BEGIN
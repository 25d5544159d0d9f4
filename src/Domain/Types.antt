-- ===== src/Domain/Types.antt =====
-- internal/domain/types.go: identifiers, priorities and references to evidence.
use nous.Prelude.{String, List}
use nous.Prelude.Int.{ℤ, pos}
use nous.Prelude.Time.{Time}
use nous.Domain.Errors.{Uuid}

abbrev pub AgentId : Type 0
AgentId = String

abbrev pub Priority : Type 0
Priority = ℤ

abbrev pub priority_normal : Priority
priority_normal = pos 50

abbrev pub priority_high : Priority
priority_high = pos 75

pub record SourceRef : Type 0 where
  pub kind : String
  pub locator : String

pub record EntityRef : Type 0 where
  pub kind : String
  pub name : String
  pub id : String

pub record MemoryRef : Type 0 where
  pub id : String
  pub kind : String
  pub occurred_at : Time

pub record ChronosSignal (F : Type 0) : Type 0 where
  pub id : Uuid
  pub pattern_name : String
  pub scope_id : Uuid
  pub series : Uuid
  pub confidence : F
  pub detected_at : Time
  pub entities : List EntityRef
END
[Problem details]:
Repeat all of the records above exactly as they appear.

[Result of this exercise]:
repository 25d5544159d0d9f4
filename src/Domain/Types.antt
-- ===== src/Domain/Types.antt =====
-- internal/domain/types.go: identifiers, priorities and references to evidence.
use nous.Prelude.{String, List}
use nous.Prelude.Int.{ℤ, pos}
use nous.Prelude.Time.{Time}
use nous.Domain.Errors.{Uuid}

abbrev pub AgentId : Type 0
AgentId = String

abbrev pub Priority : Type 0
Priority = ℤ

abbrev pub priority_normal : Priority
priority_normal = pos 50

abbrev pub priority_high : Priority
priority_high = pos 75

pub record SourceRef : Type 0 where
  pub kind : String
  pub locator : String

pub record EntityRef : Type 0 where
  pub kind : String
  pub name : String
  pub id : String

pub record MemoryRef : Type 0 where
  pub id : String
  pub kind : String
  pub occurred_at : Time

pub record ChronosSignal (F : Type 0) : Type 0 where
  pub id : Uuid
  pub pattern_name : String
  pub scope_id : Uuid
  pub series : Uuid
  pub confidence : F
  pub detected_at : Time
  pub entities : List EntityRef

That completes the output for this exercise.